• **Try it**
Please state the number of lines in the entries below where the word "HasElements" appears. Include nothing else.

=== Begin Enclosure ===

-- ===== src/Tests/ShapeExamples.antt =====
-- Objects and arrays of src/shape at concrete heaps.
use jsonv.Base.{
  ℕ, zero, suc, ◌<◌, ◌≡◌, refl, pos, some, List, [], ◌∷◌, arith, inl, inr, length, get_elem?,
  replicate, Bool-cases,
}
use mathlib.Core.Path.{subst}
use jsonv.Token.{Bytes}
use jsonv.HashSet.Members.{bytes_equal_sound}
use jsonv.Shape.{Shape, Shapes, root_shape, shape_at, same_text, find_transition}
use jsonv.Shape.Chains.{slot_in, HasKeys, root, grown}
use jsonv.Shape.Transitions.{Child, IsShapes}
use jsonv.Value.{Value, val_undefined, val_int, val_arr, Heap, obj_at, arr_at}
use jsonv.Obj.Fields.{Fields, HasFields, none_held, held}
use jsonv.Obj.News.{IsHeap}
use jsonv.Arr.Elements.{HasElements}
use jsonv.Serialize.Total.{Leads, IsClosed}

abbrev pub key_a : Bytes
key_a = b'a' ∷ []

abbrev pub key_b : Bytes
key_b = b'b' ∷ []

abbrev pub shape_a : Shape
shape_a = record {
  parent = some 0;
  last_key = some key_a;
  last_slot = some 0;
  slot_count = 1;
  transitions = [];
}

-- The root, and its child for "a".
abbrev pub small_pool : Shapes
small_pool = record {
  pool =
      record root_shape { transitions = record { key = some key_a; next_shape = 1 } ∷ [] }
      ∷ shape_a
      ∷ [];
  root = some 0;
}

-- An object that holds an array under "a", and the array of 7.
abbrev pub small_heap : Heap
small_heap = record {
  shapes = small_pool;
  objs =
      record {
        refcount = 0;
        shape = some 1;
        slots = val_arr (some 0) ∷ replicate 3 val_undefined;
        capacity = 4;
      }
      ∷ [];
  arrs =
      record {
        refcount = 1;
        items = val_int (pos 7) ∷ replicate 3 val_undefined;
        length = 1;
        capacity = 4;
      }
      ∷ [];
}

abbrev pub fields_a : Fields
fields_a = (key_a, val_arr (some 0)) ∷ []

keys_a : HasKeys small_pool.pool 1 (key_a ∷ [])
unfolding slot_in
keys_a =
    grown (omega arith) refl (omega arith) refl refl refl refl
      (root (omega arith) refl refl refl refl)

Child-small_pool :
    (k : Bytes) (n : ℕ)
    → find_transition (record { key = some key_a; next_shape = 1 } ∷ []) (some k) ≡ some n
    → Child small_pool.pool 0 k n
unfolding find_transition
Child-small_pool k n h = elim (Bool-cases (same_text (some key_a) (some k))) [
  | inl same ↦
      let e : key_a ≡ k = bytes_equal_sound key_a k (ground arith) in
      let m : 1 ≡ n = ground arith in
      subst (λ j. Child small_pool.pool 0 k j) m
        (subst (λ l. Child small_pool.pool 0 l 1) e
          (record {
            within = omega arith;
            older = omega arith;
            parent = refl;
            last_key = refl;
            last_slot = refl;
            slot_count = refl;
          }))
  | inr other ↦ absurd (ground arith)
]

leads_small_pool :
    (i : ℕ) (k : Bytes) (n : ℕ)
    → find_transition (shape_at small_pool.pool i).transitions (some k) ≡ some n
    → Child small_pool.pool i k n
unfolding find_transition
leads_small_pool zero k n h = Child-small_pool k n h
leads_small_pool (suc zero) k n h = cc
leads_small_pool (suc (suc i)) k n h = cc

pub small_pool-IsShapes : IsShapes small_pool.pool
small_pool-IsShapes = record { leads = leads_small_pool }

pub small_heap-HasFields : HasFields small_heap 0 fields_a
small_heap-HasFields = record {
  within = omega arith;
  shape_of = 1;
  shaped = refl;
  keys = keys_a;
  size = refl;
  room = omega arith;
  holds = held refl none_held;
}

pub small_heap-HasElements : HasElements small_heap 0 (val_int (pos 7) ∷ [])
small_heap-HasElements = record {
  within = omega arith;
  items = refl;
  long = refl;
  room = omega arith;
}

small_heap-objects :
    (o : ℕ) → o < length small_heap.objs → (fs : Fields) × HasFields small_heap o fs
small_heap-objects zero b = (fields_a, small_heap-HasFields)
small_heap-objects (suc o) b = absurd (omega arith)

pub small_heap-IsHeap : IsHeap small_heap
small_heap-IsHeap = record {
  shapes = record {
    valid = small_pool-IsShapes;
    rooted = λ r e.
        let same : 0 ≡ r = cc in
        subst (λ i. HasKeys small_pool.pool i []) same (root (omega arith) refl refl refl refl);
  };
  objects = small_heap-objects;
}

Leads-some : (x y : Value) → some x ≡ some y → Leads small_heap x → Leads small_heap y
Leads-some x y e l = let same : x ≡ y = cc in subst (Leads small_heap) same l

small_heap-slots :
    (o i : ℕ) (x : Value) → get_elem? (obj_at small_heap o).slots i ≡ some x → Leads small_heap x
small_heap-slots zero zero x e = Leads-some (val_arr (some 0)) x e (omega arith)
small_heap-slots zero (suc zero) x e = Leads-some val_undefined x e tt
small_heap-slots zero (suc (suc zero)) x e = Leads-some val_undefined x e tt
small_heap-slots zero (suc (suc (suc zero))) x e = Leads-some val_undefined x e tt
small_heap-slots zero (suc (suc (suc (suc i)))) x e = cc
small_heap-slots (suc o) i x e = cc

small_heap-items :
    (a i : ℕ) (x : Value) → get_elem? (arr_at small_heap a).items i ≡ some x → Leads small_heap x
small_heap-items zero zero x e = Leads-some (val_int (pos 7)) x e tt
small_heap-items zero (suc zero) x e = Leads-some val_undefined x e tt
small_heap-items zero (suc (suc zero)) x e = Leads-some val_undefined x e tt
small_heap-items zero (suc (suc (suc zero))) x e = Leads-some val_undefined x e tt
small_heap-items zero (suc (suc (suc (suc i)))) x e = cc
small_heap-items (suc a) i x e = cc

small_heap-arrays :
    (a : ℕ) → a < length small_heap.arrs → (xs : List Value) × HasElements small_heap a xs
small_heap-arrays zero b = (val_int (pos 7) ∷ [], small_heap-HasElements)
small_heap-arrays (suc a) b = absurd (omega arith)

pub small_heap-IsClosed : IsClosed small_heap
small_heap-IsClosed = record {
  objects = small_heap-objects;
  slots = small_heap-slots;
  arrays = small_heap-arrays;
  items = small_heap-items;
}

=== End Enclosure ===

• **Output for this task**
5